The following is the logs from application startup.

Logs ``` [INFO] 11:06:42 ts-node-dev ver. 2.0.0 (using ts-node ver. 10.9.2, typescript ver. 5.5.4) Debugger listening on ws://127.0.0.1:9229/bbbfeaeb-b7ea-48d8-81fe-f15da2092a96 For help, see: https://nodejs.org/en/docs/inspector Sentry Logger [log]: Initializing Sentry: process: 77113, thread: main. Sentry Logger [log]: Integration installed: InboundFilters Sentry Logger [log]: Integration installed: FunctionToString Sentry Logger [log]: Integration installed: LinkedErrors Sentry Logger [log]: Integration installed: RequestData Sentry Logger [log]: Integration installed: Console Sentry Logger [log]: Integration installed: Http Sentry Logger [log]: Integration installed: NodeFetch Sentry Logger [log]: Integration installed: OnUncaughtException Sentry Logger [log]: Integration installed: OnUnhandledRejection Sentry Logger [log]: Integration installed: ContextLines Sentry Logger [log]: Integration installed: LocalVariablesAsync Sentry Logger [log]: Integration installed: Context Sentry Logger [log]: Integration installed: Modules Sentry Logger [log]: Integration installed: Express Sentry Logger [log]: Integration installed: Fastify Sentry Logger [log]: Integration installed: Graphql Sentry Logger [log]: Integration installed: Mongo Sentry Logger [log]: Integration installed: Mongoose Sentry Logger [log]: Integration installed: Mysql Sentry Logger [log]: Integration installed: Mysql2 Sentry Logger [log]: Integration installed: Redis Sentry Logger [log]: Integration installed: Postgres Sentry Logger [log]: Integration installed: Nest Sentry Logger [log]: Integration installed: Hapi Sentry Logger [log]: Integration installed: Koa Sentry Logger [log]: Integration installed: Connect Sentry Logger [log]: Running in CommonJS mode. Sentry Logger [debug]: @opentelemetry/api: Registered a global for diag v1.9.0. Sentry Logger [debug]: @opentelemetry/api: Registered a global for trace v1.9.0. Sentry Logger [debug]: @opentelemetry/api: Registered a global for context v1.9.0. Sentry Logger [debug]: @opentelemetry/api: Registered a global for propagation v1.9.0. query: SELECT VERSION() AS `version` [2024-08-05T02:07:18.579Z] INFO: 77113 on mf-3145-mm01: 🚀 Server ready at http://localhost:4000/ ```
Lms24 commented 2 months ago

@mikan3rd looking at your Sentry.init code above and given that I don't see any logs about opentelemetry wrapping graphql (or related libraries): Can you confirm that you call Sentry.init before you require any other module? This is crucial to work for all our instrumentation, except for http(s). More information here.

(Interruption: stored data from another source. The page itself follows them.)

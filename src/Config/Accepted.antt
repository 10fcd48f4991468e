-- ===== src/Config/Accepted.antt =====
-- internal/config/config.go: the configurations that `Validate` accepts.
use deb_s.Prelude.{
  ◌≡◌, ◌↔◌, arith, Bool, true, false, not, ◌&&◌, [], equal, contains, if◌then◌else◌,
}
use deb_s.Config.{
  Config, valid, no_bucket, half_credentials, bad_visibility, no_codename, no_component, validate,
  differ, visibilities,
}

verdict :
    (bucket id secret visible codename component section : Bool)
    → ((if bucket
          then no_bucket
          else if differ id secret
          then half_credentials
          else if not visible
          then bad_visibility
          else if codename
          then no_codename
          else if component && section
          then no_component
          else valid)
        ≡ valid)
      ↔ ((bucket ≡ false)
          × (id ≡ secret)
          × (visible ≡ true)
          × (codename ≡ false)
          × ((component && section) ≡ false))
verdict bucket id secret visible codename component section = ground arith

-- Validate accepts a configuration exactly when it has a bucket, both or none of the two keys,
-- one of the five visibilities, a codename, and a component or a section.
pub validate_lem :
    (c : Config)
    → (validate c ≡ valid) ↔ (
        (equal c.bucket [] ≡ false)
        × (equal c.access_key_id [] ≡ equal c.secret_access_key [])
        × (contains visibilities c.visibility ≡ true)
        × (equal c.codename [] ≡ false)
        × ((equal c.component [] && equal c.section []) ≡ false))
unfolding validate
validate_lem c =
    verdict (equal c.bucket []) (equal c.access_key_id []) (equal c.secret_access_key [])
      (contains visibilities c.visibility) (equal c.codename []) (equal c.component [])
      (equal c.section [])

mikan3rd commented 1 month ago

Thanks for the reply. I have managed to get trace to work by putting Sentry.init before all imports. However, I am concerned that I am getting the following error after starting the server. What is the problem?

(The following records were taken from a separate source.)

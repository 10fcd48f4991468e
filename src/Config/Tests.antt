-- ===== src/Config/Tests.antt =====
-- A run of `Validate`.
use deb_s.Prelude.{◌≡◌, ◌↔◌, true, false, ◌&&◌, [], codes, equal, contains}
use deb_s.Config.{Config, valid, new, validate, visibilities}
use deb_s.Config.Accepted.{validate_lem}

abbrev in_bucket : Config
in_bucket = record new { bucket = codes "b" }

validate_lem_example : (validate in_bucket ≡ valid) ↔ (
    (equal in_bucket.bucket [] ≡ false)
    × (equal in_bucket.access_key_id [] ≡ equal in_bucket.secret_access_key [])
    × (contains visibilities in_bucket.visibility ≡ true)
    × (equal in_bucket.codename [] ≡ false)
    × ((equal in_bucket.component [] && equal in_bucket.section []) ≡ false))
validate_lem_example = validate_lem in_bucket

Sentry Logger [debug]: @opentelemetry/instrumentation-http outgoingRequest on request error() Error: socket hang up
    at Socket.socketCloseListener (node:_http_client:473:25)
    at Socket.emit (node:events:531:35)
    at TCP.<anonymous> (node:net:339:12)
    at TCP.callbackTrampoline (node:internal/async_hooks:130:17) {
  code: ‘ECONNRESET’
}
andreiborza commented 1 month ago

Hello @mikan3rd,

We are currently on company-wide hackweek and thus on limited support. We'll take a look at this next week.

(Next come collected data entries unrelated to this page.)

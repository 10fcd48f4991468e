-- ===== src/Deb/Ar.antt =====
-- internal/deb/ar.go: `arReader`, over a stream that gives its bytes and then ends, or fails.
use deb_s.Prelude.{
  ℕ, ◌-◌, ◌%◌, Bool, true, false, not, ◌&&◌, ◌||◌, Option, none, some, [], ◌∷◌, ◌++◌, ◌==◌, leb,
  if◌then◌else◌, Text, codes, equal, has_prefix, trim_suffix, trim, is_space, length, take, drop,
  parse_size, Reason, Error, Result, ok, err, failed, wrapped, Exec, lift, ◌>>=◌, ◌>>◌, end_of_file,
  unexpected_end, missing_magic, incorrect_magic, truncated_member, truncated_padding,
  truncated_header, bad_trailer, empty_name, extended_name, bad_size,
}

-- `rest` is what the stream has left and `stop` the error behind it, `none` at a proper end; `taken`
-- is what was read from it.
pub record Archive : Type 0 where
  pub rest : Text
  pub stop : Option Error
  pub taken : Text
  pub started : Bool
  pub remaining : ℕ
  pub padding : ℕ

-- `newARReader`
abbrev pub new_archive : Text → Option Error → Archive
new_archive input stop = record {
  rest = input;
  stop = stop;
  taken = [];
  started = false;
  remaining = 0;
  padding = 0;
}

-- The body is read from the archive itself.
pub record Member : Type 0 where
  pub name : Text
  pub size : ℕ

abbrev pub ar_magic : Text
ar_magic = codes "!<arch>\n"

abbrev pub header_size : ℕ
header_size = 60

-- `errors.Is(err, io.EOF)` and `errors.Is(err, io.ErrUnexpectedEOF)`
abbrev pub is_end : Error → Bool
is_end (failed end_of_file) = true
is_end (wrapped e) = is_end e
is_end _ = false

abbrev pub is_unexpected_end : Error → Bool
is_unexpected_end (failed unexpected_end) = true
is_unexpected_end (wrapped e) = is_unexpected_end e
is_unexpected_end _ = false

abbrev pub format_read_error : Error → Reason → Error
format_read_error e reason = if is_end e || is_unexpected_end e then failed reason else e

abbrev pub reading : {A : Type 0} → Reason → Result A × Archive → Result A × Archive
reading reason (ok a, s) = (ok a, s)
reading reason (err e, s) = (err (format_read_error e reason), s)

abbrev pub advance : ℕ → Archive → Archive
advance n a = record a { rest = drop n a.rest; taken = a.taken ++ take n a.rest }

-- What a read returns at the end of the stream.
abbrev pub stopped : Option Error → Error → Error
stopped none e = e
stopped (some e) _ = e

abbrev short_read : Text → Error
short_read [] = failed end_of_file
short_read (_ ∷ _) = failed unexpected_end

-- `io.ReadFull` with a buffer of `n` bytes.
unfoldable pub read_full : ℕ → Exec Archive Text
read_full n a =
    if leb n (length a.rest)
    then (ok (take n a.rest), advance n a)
    else (err (stopped a.stop (short_read a.rest)), advance (length a.rest) a)

-- `io.CopyN(io.Discard, r.reader, n)`
unfoldable pub discard : ℕ → Exec Archive (Unit {0})
discard n a =
    if leb n (length a.rest)
    then (ok tt, advance n a)
    else (err (stopped a.stop (failed end_of_file)), advance (length a.rest) a)

abbrev pub check_magic : Text → Exec Archive (Unit {0})
check_magic magic a =
    if equal magic ar_magic
    then (ok tt, record a { started = true })
    else (err (failed incorrect_magic), a)

abbrev pub read_magic : Exec Archive Text
read_magic a = reading missing_magic (read_full 8 a)

-- The magic in front of the first member.
unfoldable pub start : Exec Archive (Unit {0})
unfolding read_full equal ◌>>=◌
start a = if a.started then (ok tt, a) else (read_magic >>= check_magic) a

abbrev pub discard_body : Exec Archive (Unit {0})
discard_body a =
    if a.remaining == 0 then (ok tt, a) else reading truncated_member (discard a.remaining a)

abbrev pub read_padding : Exec Archive Text
read_padding a =
    if a.padding == 0 then (ok [], a) else reading truncated_padding (read_full a.padding a)

abbrev pub at_boundary : Exec Archive (Unit {0})
at_boundary a = (ok tt, record a { remaining = 0; padding = 0 })

-- What is left of the last member.
unfoldable pub skip_member : Exec Archive (Unit {0})
unfolding discard read_full ◌>>=◌
skip_member = do discard_body; read_padding; at_boundary

-- No byte of a header is the end of the archive.
abbrev pub header_error : Text → Result Text × Archive → Result Text × Archive
header_error rest (ok header, a) = (ok header, a)
header_error rest (err e, a) = (
  err (
      if is_end e && equal rest []
      then failed end_of_file
      else format_read_error e truncated_header),
  a,
)

unfoldable pub read_header : Exec Archive Text
unfolding read_full equal
read_header a = header_error a.rest (read_full header_size a)

abbrev pub sized : Text → Option ℕ → Result Member
sized name none = err (failed bad_size)
sized name (some size) = ok (record { name = name; size = size })

-- The name and the size that a header has.
unfoldable pub name_in : Text → Text
unfolding trim trim_suffix
name_in header = trim_suffix (trim is_space (take 16 header)) (codes "/")

unfoldable pub size_in : Text → Option ℕ
unfolding trim parse_size
size_in header = parse_size (trim is_space (take 10 (drop 48 header)))

unfoldable pub parse_header : Text → Result Member
unfolding equal has_prefix name_in size_in
parse_header header =
    if not (equal (take 2 (drop 58 header)) (codes "`\n"))
    then err (failed bad_trailer)
    else if equal (name_in header) []
    then err (failed empty_name)
    else if equal (name_in header) (codes "/")
        || equal (name_in header) (codes "//")
        || has_prefix (name_in header) (codes "#1/")
    then err (failed extended_name)
    else sized (name_in header) (size_in header)

abbrev pub begin_member : Member → Exec Archive Member
begin_member m a = (ok m, record a { remaining = m.size; padding = m.size % 2 })

-- `arReader.Next`
unfoldable pub next : Exec Archive Member
unfolding start skip_member read_header parse_header ◌>>=◌
next = do
  start
  skip_member
  header ← read_header
  member ← lift (parse_header header)
  begin_member member

-- `memberReader.Read` with a buffer of `n` bytes: the bytes, and an error beside them.
abbrev pub read_at : ℕ → Archive → (Text × Option Error) × Archive
read_at n a = if equal a.rest [] then (([], some (stopped a.stop (failed end_of_file))), a) else (
  (take n a.rest, none),
  record (advance n a) { remaining = a.remaining - length (take n a.rest) },
)

abbrev unexpected : (Text × Option Error) × Archive → (Text × Option Error) × Archive
unexpected ((bytes, none), a) = ((bytes, none), a)
unexpected ((bytes, some e), a) =
    ((bytes, some (if is_end e && not (a.remaining == 0) then failed unexpected_end else e)), a)

unfoldable pub read_member : ℕ → Archive → (Text × Option Error) × Archive
unfolding equal
read_member n a =
    if a.remaining == 0
    then (([], some (failed end_of_file)), a)
    else unexpected (read_at (if leb n a.remaining then n else a.remaining) a)

-- What reading the body of a member to its end comes to.
unfoldable pub read_body : Exec Archive Text
read_body a =
    if leb a.remaining (length a.rest)
    then (ok (take a.remaining a.rest), record (advance a.remaining a) { remaining = 0 })
    else (
      err (
          if is_end (stopped a.stop (failed end_of_file))
          then failed unexpected_end
          else stopped a.stop (failed end_of_file)),
      record (advance (length a.rest) a) { remaining = a.remaining - length a.rest },
    )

lforst commented 1 month ago

@mikan3rd I believe this error can just be ignored. It may be something that your application swallowed up until now but since the SDK hooks in at quite a low level it surfaces it through a debug log. We don't have reason to believe the SDK causes a socket hangup.

mikan3rd commented 3 weeks ago

My problem seems to be solved, thank you very much!